My gut tells me this is actually good because only writers who have the ability to keep readers turning pages will make money. Consistent sales of multiple parts in a serial means readers are hitting ALL pages. Otherwise, they wouldn't purchase the next one. That's my take. Good for us, yes?


----------



## KMatthew (Mar 21, 2012)

Skylar Cross said:


> K, do you have any thoughts on KDP's new KU payout strategy in the email they sent today? I'm sure you received it. To wit...
> 
> "With this in mind, we're pleased to announce that beginning on July 1, the KDP Select Global Fund will be paid out based on the number of pages KU and KOLL customers read." --KDP
> 
> My gut tells me this is actually good because only writers who have the ability to keep readers turning pages will make money. Consistent sales of multiple parts in a serial means readers are hitting ALL pages. Otherwise, they wouldn't purchase the next one. That's my take. Good for us, yes?


I definitely don't think this is a good thing for short story writers. It's really going to be completely dependent on how much Amazon decides to pay per page.

Obviously, those who already have a fanbase will do better in KU than those who don't, but the payout on shorter works will almost definitely be less than what the borrow rate is now, so that means a cut in income.

Thankfully, Amazon is allowing authors enrolled in KU to end their contract before the new changes take effect. I haven't decided what I'm going to do yet, but more than likely I'm going to keep my books in for a little while just to see what happens.


----------



## Skylar Cross (Dec 22, 2013)

Oh crap! Glad I didn't start yet. Maybe now isn't such a good time to move everything into KU. Feeling horribly deflated


----------



## KMatthew (Mar 21, 2012)

Skylar Cross said:


> Oh crap! Glad I didn't start yet. Maybe now isn't such a good time to move everything into KU. Feeling horribly deflated


For novel writers, now would be a good time. Short story authors, probably not so much. I have already decided to keep my next series out of KU.


----------



## Jim Johnson (Jan 4, 2011)

Skylar Cross said:


> Oh crap! Glad I didn't start yet. Maybe now isn't such a good time to move everything into KU. Feeling horribly deflated


Don't be. Write stories of whatever length that engage readers and keep them reading to the end of the story. Put some stuff in KU and go wide with others. Diversify.


----------



## Will C. Brown (Sep 24, 2013)

Jim Johnson said:


> Don't be. Write stories of whatever length that engage readers and keep them reading to the end of the story. Put some stuff in KU and go wide with others. Diversify.

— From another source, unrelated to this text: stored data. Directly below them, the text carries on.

-- ===== src/FramedSession/Queue.antt =====
-- Any interleaving of the producers (`SendMsg`), `SendLoop`, `RecvLoop` and `Stop` of a session of
-- Protocols/Framing/Server/ClientSession.cpp, with the messages that went in and out.
use tcp_simple_chat.Base.{
  ℕ, ◌+◌, ◌^◌, ◌≤◌, ◌<◌, ◌≡◌, refl, sym, ap, ap₂, ◌∙◌, ◌⊎◌, inl, inr, List, [], ◌∷◌, ◌++◌,
  append_assoc, append-nil, true, false, arith, length,
}
use tcp_simple_chat.FramedSession.{
  Message, Session, tx_hwm_bytes, make, start, returns, enqueue, has_room, takes, take_front,
  dequeue, deactivate, close,
}

pub record History : Type 0 where
  pub session : Session
  -- messages that `SendMsg` queued, that `SendLoop` took, and that `Stop` dropped, oldest first
  pub accepted : List Message
  pub taken : List Message
  pub dropped : List Message

abbrev pub begin : ℕ → History
begin socket = record { session = start (make socket); accepted = []; taken = []; dropped = [] }

-- `std::string::max_size()` is below 2 ^ 63.
pub data Step (h : History) : History → Type 0 where
  producer_returns :
      (msg : Message) (s : Session)
      → length msg < 2 ^ 63
      → h.session.active ≡ true
      → enqueue h.session msg ≡ returns s
      → Step h (record h { session = s; accepted = h.accepted ++ (msg ∷ []) })
  producer_gives_up :
      (msg : Message) (s : Session)
      → h.session.active ≡ false
      → enqueue h.session msg ≡ returns s
      → Step h (record h { session = s })
  sender_takes :
      (msg : Message) (s : Session)
      → dequeue h.session ≡ takes msg s
      → Step h (record h { session = s; taken = h.taken ++ (msg ∷ []) })
  deactivates : Step h (record h { session = deactivate h.session })
  closes :
      h.session.active ≡ false
      → Step h (record h { session = close h.session; dropped = h.dropped ++ h.session.tx_queue })

pub data Reach (socket : ℕ) : History → Type 0 where
  begins : Reach socket (begin socket)
  later : {h k : History} → Reach socket h → Step h k → Reach socket k

abbrev pub total : List Message → ℕ
total [] = 0
total (m ∷ ms) = length m + total ms

total-append : (xs ys : List Message) → total (xs ++ ys) ≡ total xs + total ys
total-append [] ys = omega arith
total-append (x ∷ xs) ys = omega (arith, total-append xs ys)

pub record IsValid (h : History) : Type 0 where
  pub fifo : h.accepted ≡ h.taken ++ (h.dropped ++ h.session.tx_queue)
  pub dropped_last : (h.dropped ≡ []) ⊎ ((h.session.tx_queue ≡ []) × (h.session.active ≡ false))
  pub counted : h.session.tx_bytes_queued ≡ total h.session.tx_queue
  pub bounded : h.session.tx_bytes_queued ≤ tx_hwm_bytes

pub begin-IsValid : (socket : ℕ) → IsValid (begin socket)
unfolding start make
begin-IsValid socket = record {
  fifo = refl;
  dropped_last = inl refl;
  counted = refl;
  bounded = omega arith;
}

-- What a producer's section did, when it returned on an active session.
enqueue_active :
    (s s' : Session) (msg : Message)
    → s.active ≡ true
    → length msg < 2 ^ 63
    → s.tx_bytes_queued ≤ tx_hwm_bytes
    → enqueue s msg ≡ returns s'
    → (s'.tx_queue ≡ s.tx_queue ++ (msg ∷ []))
      × (s'.tx_bytes_queued ≡ s.tx_bytes_queued + length msg)
      × (s'.tx_bytes_queued ≤ tx_hwm_bytes)
      × (s'.active ≡ true)
unfolding enqueue has_room
enqueue_active s s' msg on small v e = ground arith

enqueue_inactive :
    (s s' : Session) (msg : Message) → s.active ≡ false → enqueue s msg ≡ returns s' → s' ≡ s
unfolding enqueue has_room
enqueue_inactive s s' msg off e = ground arith

take_front_takes :
    (s s' : Session) (q : List Message) (msg : Message)
    → take_front s q ≡ takes msg s'
    → s.tx_bytes_queued ≡ total q
    → (q ≡ msg ∷ s'.tx_queue)
      × (s'.tx_bytes_queued ≡ total s'.tx_queue)
      × (s'.tx_bytes_queued ≤ s.tx_bytes_queued)
      × (s'.active ≡ s.active)
unfolding take_front
take_front_takes s s' [] msg e c = ground arith
take_front_takes s s' (m ∷ q) msg e c = ground arith

dequeue_takes :
    (s s' : Session) (msg : Message)
    → dequeue s ≡ takes msg s'
    → s.tx_bytes_queued ≡ total s.tx_queue
    → (s.tx_queue ≡ msg ∷ s'.tx_queue)
      × (s'.tx_bytes_queued ≡ total s'.tx_queue)
      × (s'.tx_bytes_queued ≤ s.tx_bytes_queued)
      × (s'.active ≡ s.active)
unfolding dequeue
dequeue_takes s s' msg e c = take_front_takes s s' s.tx_queue msg e c

fifo_push :
    (taken dropped q : List Message) (msg : Message)
    → (taken ++ (dropped ++ q)) ++ (msg ∷ []) ≡ taken ++ (dropped ++ (q ++ (msg ∷ [])))
fifo_push taken dropped q msg = simp append_assoc

push-IsValid :
    (h : History) (s : Session) (msg : Message)
    → IsValid h
    → h.session.active ≡ true
    → (s.tx_queue ≡ h.session.tx_queue ++ (msg ∷ []))
      × (s.tx_bytes_queued ≡ h.session.tx_bytes_queued + length msg)
      × (s.tx_bytes_queued ≤ tx_hwm_bytes)
      × (s.active ≡ true)
    → IsValid (record h { session = s; accepted = h.accepted ++ (msg ∷ []) })
push-IsValid h s msg v on (queue, bytes, bound, still) = record {
  fifo =
      ap (λ l. l ++ (msg ∷ [])) v.fifo
      ∙ fifo_push h.taken h.dropped h.session.tx_queue msg
      ∙ ap (λ q. h.taken ++ (h.dropped ++ q)) (sym queue);
  dropped_last = ground arith;
  counted =
      bytes
      ∙ omega (arith, v.counted, total-append h.session.tx_queue (msg ∷ []))
      ∙ ap total (sym queue);
  bounded = bound;
}

-- The message that leaves is the oldest one, and nothing was dropped before.
take-IsValid :
    (h : History) (s : Session) (msg : Message)
    → IsValid h
    → (h.session.tx_queue ≡ msg ∷ s.tx_queue)
      × (s.tx_bytes_queued ≡ total s.tx_queue)
      × (s.tx_bytes_queued ≤ h.session.tx_bytes_queued)
      × (s.active ≡ h.session.active)
    → IsValid (record h { session = s; taken = h.taken ++ (msg ∷ []) })
take-IsValid h s msg v (queue, bytes, bound, same) =
    let none_dropped : h.dropped ≡ [] = ground arith in
    record {
      fifo =
          v.fifo
          ∙ ap₂ (λ d q. h.taken ++ (d ++ q)) none_dropped queue
          ∙ sym (append_assoc h.taken (msg ∷ []) s.tx_queue)
          ∙ ap (λ d. (h.taken ++ (msg ∷ [])) ++ (d ++ s.tx_queue)) (sym none_dropped);
      dropped_last = inl none_dropped;
      counted = bytes;
      bounded = omega (arith, v.bounded);
    }

pub Step-IsValid : {h k : History} → IsValid h → Step h k → IsValid k
unfolding deactivate close
Step-IsValid {h} v (producer_returns msg s small on e) =
    push-IsValid h s msg v on (enqueue_active h.session s msg on small v.bounded e)
Step-IsValid {h} v (producer_gives_up msg s off e) =
    let same = enqueue_inactive h.session s msg off e in ground (arith, same)
Step-IsValid {h} v (sender_takes msg s e) =
    take-IsValid h s msg v (dequeue_takes h.session s msg e v.counted)
Step-IsValid {h} v deactivates = ground arith
Step-IsValid {h} v (closes off) = record {
  fifo = v.fifo ∙ ap (◌++◌ h.taken) (sym (append-nil (h.dropped ++ h.session.tx_queue)));
  dropped_last = inr (refl, off);
  counted = refl;
  bounded = omega arith;
}

-- In every interleaving the transmit queue is first-in first-out and bounded: the messages that
-- `SendMsg` queued are those that `SendLoop` took, in order, then those that `Stop` dropped and
-- those still queued. Messages are dropped only from a session that is no longer active and whose
-- queue is empty since. `m_txBytesQueued` is the number of bytes in the queue, at most 256 KiB.
pub Reach-IsValid : {socket : ℕ} {h : History} → Reach socket h → IsValid h
Reach-IsValid {socket} begins = begin-IsValid socket
Reach-IsValid (later r st) = Step-IsValid (Reach-IsValid r) st
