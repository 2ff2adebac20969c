-- ===== src/Tests/Cli.antt =====
-- The command line on a typed session.
use querylynx.Base.{true, none, some, ok, ◌≡◌, refl, arith, List, [], ◌∷◌, ◌++◌}
use querylynx.Strings.{Text, codes}
use querylynx.Utf8.{Bytes, encode}
use querylynx.Connector.{Rows, null, shown}
use querylynx.Session.{Session, Outside}
use querylynx.Cli.Table.{print_table, table_lines}
use querylynx.Cli.Table.Aligned.{IsTable, table_lines-IsTable}
use querylynx.Cli.Escape.{query_escape}
use querylynx.Cli.Wizard.Dsn.{StandsFor, field_dsn-StandsFor}
use querylynx.Cli.Console.{Console, finished, choose}
use querylynx.Cli.Console.Menu.{choose-decimal}
use querylynx.Cli.Wizard.{Terminal, field_dsn}
use querylynx.Cli.Ask.{ask_loop}
use querylynx.Cli.Ask.Questions.{questions, Asks, asked, EndsIn, ask_loop-EndsIn}
use querylynx.Cli.Main.{agent}
use querylynx.Cli.Main.Over.{IsOver, agent-IsOver}
use querylynx.Tests.Fleet.{fleet, Script, scripted, one_row}
use querylynx.Tests.Pipeline.{pipeline, runtime, replies}
use querylynx.Tests.Running.{run_cli}

abbrev result : Rows
result = record {
  columns = codes "id" ∷ codes "straße" ∷ [];
  rows = (shown (codes "7") ∷ shown (codes "long") ∷ []) ∷ (null ∷ []) ∷ [];
}

print_table_result :
    print_table result
    ≡ codes "\n"
      ++ encode (codes "id   | straße \n")
      ++ codes "---- | -------\n"
      ++ codes "7    | long   \n"
      ++ codes "NULL | NULL   \n"
      ++ codes "(2 rows)\n"
unfolding run_cli
print_table_result = refl

table_lines-IsTable_example : IsTable (table_lines result)
table_lines-IsTable_example = table_lines-IsTable result

query_escape_password : query_escape (codes "p@ss w:rd") ≡ codes "p%40ss+w%3Ard"
unfolding run_cli
query_escape_password = refl

field_dsn-StandsFor_example :
    (u p rest : Bytes) × (field_dsn
        (codes "h")
        (codes "5432")
        (codes "db")
        (codes "me")
        (codes "p@s w")
      ≡ codes "postgres://" ++ u ++ codes ":" ++ p ++ codes "@" ++ rest)
    × StandsFor u (codes "me")
    × StandsFor p (codes "p@s w")
field_dsn-StandsFor_example =
    field_dsn-StandsFor (codes "h") (codes "5432") (codes "db") (codes "me") (codes "p@s w")
      (omega arith, (omega arith, tt))
      (omega arith, (omega arith, (omega arith, (omega arith, (omega arith, tt)))))

abbrev console : List Text → Console Script
console lines = record { input = lines; output = []; world = replies }

choose-decimal_example :
    choose (codes "? ") 3 1 (console (codes " 2\t" ∷ []))
    ≡ finished 2 (record { input = []; output = encode (codes "? "); world = replies })
unfolding run_cli
choose-decimal_example =
    choose-decimal (codes "? ") 3 1 2 (console []) (codes " ") (codes "\t") [] (refl, tt) (refl, tt)
      (omega arith) (omega arith) (omega arith)

abbrev session : Session Script
session = record {
  connection_id = codes "conn_1";
  dialect = codes "postgres";
  schema = fleet;
  pipeline = pipeline;
}

abbrev outside : Outside Script
outside = record {
  connect = λ settings. scripted;
  random_bytes = λ n script. (0 ∷ 171 ∷ [], script);
  json_error = codes "no JSON";
  exec = record {
    open_connection = λ ctx script id dialect dsn. (none, script);
    introspect = λ ctx script id. (ok fleet, script);
    validate_and_execute = λ ctx script id query. (ok one_row, script);
    close_connection = λ ctx script id. (none, script);
  };
}

abbrev terminal : Terminal Script
terminal = record {
  env = λ name. [];
  is_terminal = true;
  read_password = λ script. (some (codes "key"), script);
  read_line = λ script. ([], script);
  quote = λ s. s;
}

-- A menu answered with Gemini first, the defaults, a URI, then a question between commands.
abbrev typed : List Text
typed =
    codes "3"
    ∷ codes "2"
    ∷ []
    ∷ []
    ∷ codes "1"
    ∷ codes "postgres://x"
    ∷ codes "/trace"
    ∷ []
    ∷ codes "  how many? "
    ∷ codes "/quit"
    ∷ codes "and trips?"
    ∷ []

questions-typed :
    questions typed
    ≡ codes "3" ∷ codes "2" ∷ codes "1" ∷ codes "postgres://x" ∷ codes "how many?" ∷ []
unfolding run_cli
questions-typed = refl

agent-IsOver_example :
    IsOver (agent terminal runtime outside (λ url script. (none, script)) 12 (console typed))
agent-IsOver_example =
    agent-IsOver terminal runtime outside (λ url script. (none, script)) 12 (console typed)
      (omega arith)

abbrev asking : List Text
asking = codes "/trace" ∷ codes " how many? " ∷ codes "/exit" ∷ codes "more?" ∷ []

ask_loop-EndsIn_example :
    (qs : List Text) × Asks asking qs
    × EndsIn (asked runtime pipeline qs replies) (ask_loop runtime session 5 (console asking))
ask_loop-EndsIn_example = ask_loop-EndsIn runtime session 5 (console asking) (omega arith)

I agree. My plan was to start them out in KU then move them wide 90-180 days later. We like won't have any useful actionable data until the August/September.


----------



## KMatthew (Mar 21, 2012)

It is definitely important to stress that, especially with the recent KU changes, people should not be following my methods just because it's what I'm doing. KU is definitely good for new authors, because borrows are more likely to give your book a try than buyers. And there are a whole lot of KU subscribers at this point. 

My decision not to put my next series in KU is both in part to the changes and also because I want to try to shoot for NYT or USA Today again. I have a pretty big fanbase, so now is a good time for me to do it. YMMV depending on what you do.


----------



## Guest (Jun 16, 2015)

yes yes and yes. Sit on them for 90 days to try, and in the meantime work on new ones. If the first batch doesn't work out, pull em out and promote them with new stuff OUTSIDE KU. A backlog takes time, no need to fret over the perfect strategy. You can learn to adapt. I think this will make us stronger.


----------



## katrina46 (May 23, 2014)

Jim Johnson said:


> Don't be. Write stories of whatever length that engage readers and keep them reading to the end of the story. Put some stuff in KU and go wide with others. Diversify.


I'm still putting all my new releases in KU and letting the older ones fall out one book at a time. Besides, the first few payouts with this new system will probably be decent and gradually decline like the first KU payouts. I don't want to miss out on those first good ones even though I have 5 up for renewal this month. I'll take a couple out this time and start from there. I still believe believe shorts can do well in kU. I just need to put more out to make up the loss.


----------



## nseneb (Mar 24, 2014)

Two questions, if you don't mind.

*1. What's your advice on putting out multiple parts to a series all at once?*
I wrote a four part serial for Wattpad which got an amazing response. I've cleaned it up and am now ready to sell it. I'm debating on whether or not to release the four parts all at once or release one part each week. I'm also in the process of writing more parts which will be ready next month.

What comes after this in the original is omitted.